Source: ISM, Supply Chain Dive, Construction Dive, PR Newswire

In addition, warehouse and logistics labour shortages and rising material costs continue to impact market conditions and availability to produce across industries.

What future-forward suppliers are considering now

While uncertainty continues, suppliers are meeting challenges with ways to mitigate risk and improve their ability to deliver.

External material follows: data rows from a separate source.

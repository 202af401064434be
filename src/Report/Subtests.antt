-- ===== src/Report/Subtests.antt =====
-- cmd/report-generator/main.go: the log of a test with a subtest, which is indented.
use share_serial.Base.{
  ◌≡◌, refl, ◌∙◌, some, List, [], ◌∷◌, ◌++◌, Text, codes, ◌+◌, has_prefix, Lacks, arith,
}
use share_serial.Report.{
  running, failed, TestCase, TestSuite, parse_line, parse_lines, suite_ends, counted,
}
use share_serial.Report.Tallies.{parse_lines-cons}
use share_serial.Report.Durations.{end_line, extract_duration-end_line}
use share_serial.Report.Statuses.{with_case}
use share_serial.Report.Printed.{begun, begin_lem, end_lem, case_ends-begun}

-- `go test -v` on a test that fails because its subtest does.
abbrev pub with_subtest : Text → Text → Text → Text → List Text
with_subtest name sub d e =
    (codes "=== RUN   " ++ name)
    ∷ (codes "=== RUN   " ++ sub)
    ∷ end_line failed name d
    ∷ (codes "    " ++ end_line failed sub e)
    ∷ []

begins :
    (s : TestSuite) (name : Text) → parse_line s (codes "=== RUN   " ++ name) ≡ some (begun s name)
begins s name = begin_lem s (record { name = name; status = running; duration = [] })

indented : (s : TestSuite) (line : Text) → parse_line s (codes "    " ++ line) ≡ some s
unfolding parse_line suite_ends has_prefix
indented s line = refl

parse_lines-nil : (s : TestSuite) → parse_lines s [] ≡ some s
unfolding parse_lines
parse_lines-nil s = refl

-- A test that fails because its subtest does is misread: the result of the test goes to the subtest,
-- the test itself stays running for ever, and one failure is counted for two tests.
subtest_misread :
    (s : TestSuite) (name sub d e : Text)
    → Lacks b'(' name
    → Lacks b')' name
    → Lacks b')' d
    → let parent : TestCase = record { name = name; status = running; duration = [] } in
      let child : TestCase = record { name = sub; status = failed; duration = d } in
      parse_lines s (with_subtest name sub d e)
      ≡ some (record s {
        test_cases = (s.test_cases ++ parent ∷ []) ++ child ∷ [];
        total_tests = (s.total_tests + 1) + 1;
        failed_tests = s.failed_tests + 1;
      })
unfolding counted
subtest_misread s name sub d e h k l =
    let parent = begun s name in
    let both = begun parent sub in
    let read = with_case parent (record { name = sub; status = failed; duration = d }) in
    let line = end_line failed name d in
    let ended =
      end_lem both failed name d (λ same. ground arith)
      ∙ case_ends-begun parent failed sub d line (extract_duration-end_line failed name d h k l) in
    parse_lines-cons s parent (codes "=== RUN   " ++ name) _ (begins s name)
    ∙ parse_lines-cons parent both (codes "=== RUN   " ++ sub) _ (begins parent sub)
    ∙ parse_lines-cons both read line _ ended
    ∙ parse_lines-cons read read (codes "    " ++ end_line failed sub e) []
        (indented read (end_line failed sub e))
    ∙ parse_lines-nil read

Experts anticipate bottlenecks will start to ease in 2022, but some suggest it will be done through forward-thinking initiatives like shorter regional supply chains and tapping into new technology and system solutions. It’s a call on suppliers to consider what other future-proofing efforts might be worthwhile, such as:

  • Maintaining certain levels of “safety stock,” to try and get ahead of market demands.
  • Investing in multistory warehouses or creative space reuse options (think: malls as distribution centers) to accommodate increased inventory needs.
  • Considering robotic processing and drone delivery as methods to improve product’s speed of delivery to the customer.

Annual MHI surveys paint a picture for accelerated digital transformation across global supply chains, with nearly half of supply chain leaders surveyed suggesting they’ve increased investment in supply chain technologies to make them more responsive and forward-looking.

Source: Broker notes, Factiva, Bloomberg, Reuters, Forbes, Gartner, Forrester, MHI, Deloitte Thought Leadership

Technological advancements like artificial intelligence, robotics, 3D printing, big data, blockchain and cloud computing are all on the table, with anticipated adoptions anywhere from today through the next 5-6 years.

For those on the fence, there should be no question:

technological advancements are the future of industrial supply chain and working on integrations now could make every difference in the months and years ahead.

Source: Broker notes, Factiva, Bloomberg, Reuters, Forbes, Gartner, Forrester, MHI, Deloitte Thought Leadership

Through it all, one thing is certain: companies have an opportunity to change, evolve, and grow with the markets.


What could your business shift or re-prioritize for lower risk and higher returns?

To better predict and engage with what’s next?

Key Takeaways

  • Supply chains continue to be impacted by congestions, labour and supply shortages, and that isn’t likely to change before 2022.
  • Outlook shows increased demand for supply, ships and shipping containers, adding to further delays as providers work to scale abilities and offerings.
  • Bottlenecks could begin to ease in 2022, but suppliers may need to grow and evolve practices with future-forward solutions to help make it happen.
  • Close to half of surveyed suppliers are looking to technology adoption as an avenue for future-proofing against continued uncertainties.